Photo credit: CG Fraser

Joanna Forbes L’Estrange

is a celebrated British vocalist, composer, and conductor renowned for her stylistic versatility, consummate musicianship, and three-octave vocal range. Her career, which began with seven years at the helm of the five-time Grammy® Award-winning vocal group The Swingle Singers, has taken her to every corner of the globe.

At London’s iconic Abbey Road Studios, Joanna records soundtracks for film, television, and video games; television appearances include this year’s Audi commercial and singing in the choir for Alice and Hugo’s wedding in The Vicar of Dibley. She performs 20th-century masterpieces by composers such as Berio and Stockhausen, and sang for Steve Reich’s 90th birthday concert in New York, performing Tehillim with three other vocalists and the New York Philharmonic. With the chamber choir Tenebrae she recorded twenty-five albums and, with her jazz duo L’Estranges in the Night, provides entertainment for private and corporate events; she is also a regular soloist in Will Todd’s Mass in Blue, which she recorded for the Convivium label.

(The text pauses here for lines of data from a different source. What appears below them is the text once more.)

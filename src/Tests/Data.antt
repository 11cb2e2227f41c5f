-- ===== src/Tests/Data.antt =====
-- What the runs of the bindings share: a user function, a user destructor and an empty store.
use multi_script.Prelude.{◌+◌, ◌%◌, ◌^◌, none, some, false, [], codes}
use multi_script.Interface.Program.{Pointer, GenericFunction, done, pop_int, push_int}
use multi_script.Interface.Desc.{FunctionDesc}
use multi_script.Interface.Objects.{Objects, Teardown, release_object, finish}

-- The sum of two parameters, as a C `int`.
abbrev pub add_two : GenericFunction
add_two = pop_int λ first. elim first [
  | none ↦ done false
  | some a ↦ pop_int λ second. elim second [
    | none ↦ done false
    | some b ↦ push_int ((a + 2 ^ 32 + b) % 2 ^ 32) λ pushed. done pushed
  ]
]

abbrev pub desc_of : GenericFunction → FunctionDesc
desc_of f = record { name = codes "f"; function = f; num_params = 2 }

abbrev pub no_objects : Objects
no_objects = record { at = λ q. none; next = 1; destructed = [] }

abbrev pub releases_itself : Pointer → Teardown
releases_itself o = release_object o finish
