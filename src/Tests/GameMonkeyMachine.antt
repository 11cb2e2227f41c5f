-- ===== src/Tests/GameMonkeyMachine.antt =====
-- A machine that keeps the documented laws of the Game Monkey engine: a call returns the number of
-- its function and of its arguments together, and every text has two errors.
use multi_script.Prelude.{
  ℕ, ◌+◌, ◌≡◌, refl, Bool, true, false, Option, none, some, List, [], ◌∷◌, ◌++◌, codes, arith,
  if◌then◌else◌, get_elem?, length, ◌==◌,
}
use multi_script.Interface.Program.{CInt, Pointer}
use multi_script.GameMonkey.Api.{
  GmApi, Value, null_value, integer, text, user, int_value, user_value,
}

pub record Machine : Type 0 where
  pub parameters : List Value
  pub pushed : List Value
  pub users : ℕ → Option Pointer
  pub next : ℕ

pub record Call : Type 0 where
  pub callee : ℕ
  pub arguments : List Value
  pub returned : Option CInt

abbrev int_or_none : Option Value → Option CInt
int_or_none none = none
int_or_none (some v) = int_value v

abbrev user_or_none : Option Value → Option ℕ
user_or_none none = none
user_or_none (some v) = user_value v

abbrev returned_value : Option CInt → Value
returned_value none = null_value
returned_value (some v) = integer v

abbrev has_returned : Option CInt → Bool
has_returned none = false
has_returned (some v) = true

abbrev push : Value → Machine → Machine
push v m = record m { pushed = v ∷ m.pushed }

pub int_law : (o : Option Value) {v : Value} → o ≡ some v → int_or_none o ≡ int_value v
int_law o e = rw e

pub returned_law : (o : Option CInt) → has_returned o ≡ true → o ≡ int_value (returned_value o)
returned_law none e = cc
returned_law (some v) e = refl

pub user_law :
    (n : ℕ) (o : Pointer) (f : ℕ → Option Pointer) → (if n == n then some o else f n) ≡ some o
user_law n o f = let same : (n == n) ≡ true = ground arith in rw same

abbrev pub machine : GmApi
machine = record {
  State = Machine;
  Call = Call;
  parameters = λ m. m.parameters;
  pushed = λ m. m.pushed;
  user_data = λ m. m.users;
  global = λ m n. none;
  type_member = λ m t n. none;
  arguments = λ k. k.arguments;
  callee = λ k. k.callee;
  execute_string = λ t m. (2, m);
  log_entries = λ m. codes "first" ∷ codes "second" ∷ [];
  log_reset = λ m. m;
  create_user_type = λ n m. (m.next, record m { next = m.next + 1 });
  register_library_function = λ e m. m;
  register_type_library = λ t es m. m;
  register_user_callbacks = λ t m. m;
  alloc_table_object = λ m. (m.next, record m { next = m.next + 1 });
  thread_num_params = λ m. length m.parameters;
  param_int = λ i m. int_or_none (get_elem? m.parameters i);
  param_user_object = λ i m. user_or_none (get_elem? m.parameters i);
  this_user = λ m. some 5;
  thread_push_int = λ v m. push (integer v) m;
  thread_push_new_string = λ t n m. push (text t) m;
  thread_push_user = λ u m. push (user 7 u) m;
  thread_push_new_user = λ o t m. (
    m.next,
    record (push (user t m.next) m) {
      users = λ u. if u == m.next then some o else m.users u;
      next = m.next + 1;
    },
  );
  begin_global_function =
      λ n m. (some (record { callee = length n; arguments = []; returned = none }), m);
  add_param_int = λ v k. record k { arguments = k.arguments ++ integer v ∷ [] };
  add_param_string = λ t n k. record k { arguments = k.arguments ++ text t ∷ [] };
  end_the_call = λ k m. (record k { returned = some (k.callee + length k.arguments) }, m);
  did_return_variable = λ k. has_returned k.returned;
  returned_variable = λ k. returned_value k.returned;
  returned_int = λ k. k.returned;
  num_params-length = λ s. refl;
  param_int-value = λ i s e. int_law _ e;
  parameters-push_int = λ v s. refl;
  pushed-push_int = λ v s. refl;
  parameters-table = λ s. refl;
  pushed-table = λ s. refl;
  parameters-push_new_user = λ o t s. refl;
  pushed-push_new_user = λ o t s. refl;
  user_data-push_new_user = λ o t s. user_law s.next o s.users;
  user_data-push_int = λ v s. refl;
  arguments-add_param_int = λ v k. refl;
  callee-add_param_int = λ v k. refl;
  returned_int-value = λ k e. returned_law k.returned e;
}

Among Joanna’s best-selling compositions are A Season to Sing, a choral re-imagining of Vivaldi’s The Four Seasons, and The Mountains Shall Bring Peace, an anthem commissioned for the coronation of King Charles III. The former became an immediate international success, receiving over fifty performances across five continents in its first year, including at the Sydney Opera House under the composer’s baton.

The tuneful, singable quality of her choral music has inspired reviews including “Forbes L’Estrange seems to have been born with catchy melodies coursing through her veins” (BBC Music), “a sublime blend of catchy and comforting” (Hyperion), and “full of delicious ear-worms” (Gramophone). In 2025, she was awarded an Honorary Fellowship of the Royal School of Church Music.


My Story

I started singing when I was two years old and never really stopped. Although I studied the piano and the cello singing was always, and has remained, my passion. I was a shy girl, unconfident and rather intimidated by my birth family; both my father and grandfather were well-known in the music world and have entries in Grove Dictionary of Music and Musicians. Dad took us to classical music concerts - Messiaen, Stravinsky, Janacek - and Mum played us her LP collection - The Beatles, Ella Fitzgerald, The Swingle Singers.

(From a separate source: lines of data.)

-- ===== src/Tests/GameMonkeyRuns.antt =====
-- The theorems of the Game Monkey binding at concrete inputs.
use multi_script.Prelude.{
  ℕ, ◌+◌, ◌≡◌, ◌≢◌, refl, true, false, Option, none, some, List, [], ◌∷◌, codes, arith, length,
}
use mathlib.Core.Path.{ap₂}
use multi_script.Outcome.{ok}
use multi_script.Interface.Program.{Pointer, Program, done, pop_int}
use multi_script.Interface.Frame.{frame, serve}
use multi_script.Interface.Shared.{Classes}
use multi_script.Interface.Objects.{ScriptObject}
use multi_script.GameMonkey.Api.{Value, null_value, integer, user, function_info, class_info}
use multi_script.GameMonkey.Context.{GmScriptContext, GmClassInfo, GmScriptObject, run_string}
use multi_script.GameMonkey.Errors.{run_string-errors, line}
use multi_script.GameMonkey.Stack.{gm_function_callback}
use multi_script.GameMonkey.Stack.Frames.{gm_function_callback-serve}
use multi_script.GameMonkey.Stack.Calls.{call_script_gm, Returned}
use multi_script.GameMonkey.Callbacks.{gm_class_constructor_callback}
use multi_script.GameMonkey.Callbacks.Serves.{gm_class_constructor_callback-serve}
use multi_script.GameMonkey.Callbacks.Ends.{Owned}
use multi_script.Tests.GameMonkeyMachine.{machine}
use multi_script.Tests.Data.{add_two, desc_of, no_objects, releases_itself}

abbrev keeps_argument : Pointer → Program (Option Pointer)
keeps_argument o = pop_int λ v. done v

abbrev class : GmClassInfo
class = record {
  desc = 9;
  class = record {
    garbage_collect = true;
    super_class = none;
    name = codes "C";
    constructor = some keeps_argument;
    destructor = some releases_itself;
    to_string_method = none;
    methods = (record { name = codes "add"; method = λ o. add_two }) ∷ [];
  };
  gm_type_id = 7;
  gm_methods = [];
}

abbrev described : Classes
described p = none

abbrev object : ScriptObject
object = record { object_ptr = some 77; locked_by_script = false }

abbrev gm_object : GmScriptObject
gm_object = record { class_info = 0; gm_table = 1; gm_user_object = 2 }

abbrev context : List Value → GmScriptContext machine
context vs = record {
  machine = record { parameters = vs; pushed = null_value ∷ []; users = λ u. some 5; next = 20 };
  functions = desc_of add_two ∷ [];
  classes = class ∷ [];
  has_logger = true;
  log = codes "before" ∷ [];
  objects = record no_objects { at = λ q. some object };
  gm_objects = λ q. some gm_object;
}

gm_function_callback-serve_example :
    (c' : GmScriptContext machine) × (gm_function_callback machine described
        (function_info 0)
        (context (integer 10 ∷ integer 3 ∷ []))
      ≡ ok c')
    × (c'.machine.pushed ≡ integer 13 ∷ null_value ∷ [])
    × (c'.machine.parameters ≡ integer 10 ∷ integer 3 ∷ [])
    × (c' ≡ record (context (integer 10 ∷ integer 3 ∷ [])) { machine = c'.machine })
gm_function_callback-serve_example =
    gm_function_callback-serve machine described (context (integer 10 ∷ integer 3 ∷ [])) 0
      (desc_of add_two) (10 ∷ 3 ∷ []) {f = frame [] (13 ∷ [])} refl refl
      (elim [ none ↦ tt | some a ↦ elim [ none ↦ tt | some b ↦ λ pushed. tt ] ])
      (unfold serve in refl)

call_script_gm_example :
    Returned machine described
      (context [])
      (record { callee = 40; arguments = []; returned = none })
      (17 ∷ 14 ∷ [])
      42
call_script_gm_example =
    call_script_gm machine described (context [])
      (record { callee = 40; arguments = []; returned = none }) (17 ∷ 14 ∷ []) 42 refl
      (λ k is args. (refl, ap₂ (λ (n : ℕ) (vs : List Value). integer (n + length vs)) is args))

run_string-errors_example :
    run_string machine (codes "x") (context [])
    ≡ ok (
      false,
      record (context []) {
        log = codes "before" ∷ line (codes "first") ∷ line (codes "second") ∷ [];
      },
    )
run_string-errors_example =
    run_string-errors machine (codes "x") (context []) refl refl (omega arith, (omega arith, tt))

gm_class_constructor_callback-serve_example :
    (c' : GmScriptContext machine) × (u : ℕ) × (made : GmScriptObject)
    × (gm_class_constructor_callback machine described (class_info 0) (context (integer 33 ∷ []))
        ≡ ok c')
    × (c'.machine.pushed ≡ user 7 u ∷ null_value ∷ [])
    × (c'.machine.users u ≡ some 1)
    × (c'.gm_objects 1 ≡ some made)
    × (made.class_info ≡ 0)
    × (made.gm_user_object ≡ u)
    × (c'.objects.at 1 ≡ some (record { object_ptr = some 33; locked_by_script = false }))
    × ((q : Pointer) → q ≢ 1 → c'.objects.at q ≡ some object)
gm_class_constructor_callback-serve_example =
    gm_class_constructor_callback-serve machine described (context (integer 33 ∷ [])) 0 class
      (33 ∷ []) refl refl refl (λ v. tt) (unfold serve in refl)

abbrev owned : Owned machine (context []) 5 object class releases_itself
owned = record {
  made = gm_object;
  linked = refl;
  known = refl;
  destroys = refl;
  keeps = (refl, tt);
  live = refl;
}
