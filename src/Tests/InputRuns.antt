-- ===== src/Tests/InputRuns.antt =====
-- The theorems on input channels at concrete inputs.
use multi_script.Prelude.{
  ℕ, drop, take, ◌++◌, some, ◌≡◌, refl, Bool, true, false, [], ◌∷◌, arith, Bytes, codes,
}
use multi_script.Outcome.{ok, ◌>>=◌}
use multi_script.Runtime.Channel
use multi_script.Runtime.Channel.Input.{
  caml_seek_in, caml_pos_in, Source, InChannel, delivered, interrupted, caml_really_getblock,
  caml_getword,
}
use multi_script.Runtime.Channel.Input.Seek.{InFile, caml_seek_in-InFile}
use multi_script.Runtime.Channel.Input.Receipt.{unread}
use multi_script.Runtime.Channel.Input.Gets.{Read, caml_really_getblock-Read}
use multi_script.Runtime.Channel.Input.Words.{caml_getword-caml_putword}

-- One byte of the word 258 is in the buffer already, after one that was read.
abbrev channel : InChannel
channel = record { fd = 3; offset = 2; buff = 7 ∷ 0 ∷ []; curr = 1 }

-- The system gives one byte, is interrupted, and gives the rest.
abbrev source : Source
source = record { answers = delivered 0 ∷ interrupted ∷ []; incoming = 0 ∷ 1 ∷ 2 ∷ codes "end" }

caml_really_getblock-Read_example :
    (all : Bool) × (got : Bytes) × (c' : InChannel) × (s' : Source) × (caml_really_getblock 9
        channel source
      ≡ ok (all, got, c', s'))
    × Read 9 channel source all got c' s'
caml_really_getblock-Read_example = caml_really_getblock-Read 9 channel source (omega arith) tt

abbrev written : Channel.Channel
written = record { fd = 4; offset = 0; buffered = [] }

abbrev slow : Channel.World
slow = record {
  answers = Channel.accepted 0 ∷ Channel.interrupted ∷ [];
  stdout_func = false;
  sink = codes "x";
  calls = [];
}

caml_getword-caml_putword_example :
    (out' : Channel.Channel) × (w' : Channel.World) × (file : Bytes) × ((Channel.caml_putword true
          258 written slow
        >>= λ (out₁, w₁). Channel.caml_flush out₁ w₁)
      ≡ ok (out', w'))
    × (w'.sink ≡ codes "x" ++ file)
    × ((k : ℕ)
        → (c' : InChannel) × (s' : Source) × (caml_getword true
              (record channel { buff = take k file; curr = 0 })
              (record source { incoming = drop k file ++ codes "end" })
            ≡ ok (258, c', s'))
          × (unread c' s' ≡ codes "end"))
caml_getword-caml_putword_example =
    caml_getword-caml_putword 258 written slow channel source (codes "end") (omega arith) refl tt tt

abbrev digits : Bytes
digits = codes "0123456789"

abbrev middle : InChannel
middle = record { fd = 3; offset = 6; buff = codes "345"; curr = 1 }

abbrev last_digits : Source
last_digits = record { answers = []; incoming = codes "6789" }

abbrev digits_from : ℕ → Source
digits_from n = record last_digits { incoming = drop n digits }

caml_seek_in-InFile_example :
    (c : InChannel) × (s : Source) × (caml_seek_in
        (λ n s. some (digits_from n))
        8
        middle
        last_digits
      ≡ ok (c, s))
    × (caml_pos_in c ≡ 8)
    × (unread c s ≡ codes "89")
    × InFile digits c s
caml_seek_in-InFile_example =
    caml_seek_in-InFile (λ n s. some (digits_from n)) digits 8 middle last_digits (digits_from 8)
      (record { before = codes "012"; split = refl; at = refl; inside = omega arith }) (omega arith)
      refl refl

Sadly, my mother became very unwell when my sister and I were small and so we were placed in the care of the Social Services. I grew up with foster families and was fortunate that the man who fostered me from the age of 5 spotted my love of singing. He encouraged my sister and me to join our local parish church choir and I sang Sunday services there until I went to University. Little did I know at the time that the experience of singing in that choir as a child was to have a profound influence on my composing style.

I was unhappy at my comprehensive school and found it difficult to make friends so I immersed myself in my studies. Against the advice of my teachers, I decided to apply to read Music at Oxford University and amazed everyone (including myself) when I got in. A whole new world suddenly opened up to me and I threw myself into forming life-long friendships, singing in choirs and playing in orchestras as well as forming a jazz duo with a fellow student called Alexander L’Estrange (mainly so that we could get a free pass into the Summer Balls!).

When I graduated in 1993 there weren’t the excellent young artist programmes that are on offer now and I had no idea how to get into the music industry. I did a post-graduate year training to be a secondary school music teacher and worked in a school for the following three years, teaching GCSE and A level music. But I longed to be singing. In a moment of recklessness I decided to leave the teaching profession and try my luck at auditioning. Six months later I was a member of the world-famous Swingle Singers. What luck! Nearly everything I’ve done since in my career has been as a result of that decision.

Composing had never been part of my plan but the universe had other ideas. My foster father asked me to compose a piece to be sung at his ordination; the RSCM published it and were eager to know if I’d written anything else. So I kept writing and the next thing you know you’re being name-checked on University Challenge! It was only when I began composing that I realised what an impact those early chorister years had had on me. Although I’d been singing with professional choirs, often performing very complex and challenging music, it was for the humble parish church choir that I felt compelled to write, the kind of choir I’d sung in as a child.

I’m often asked what my career highlights have been so far: recording a duet with Jarvis Cocker for the French Dispatch soundtrack was definitely one; conducting my A Season to Sing piece at Sydney Opera House was another experience that’ll be etched on my memory for ever. But, even in such moments, I never forget where it all began.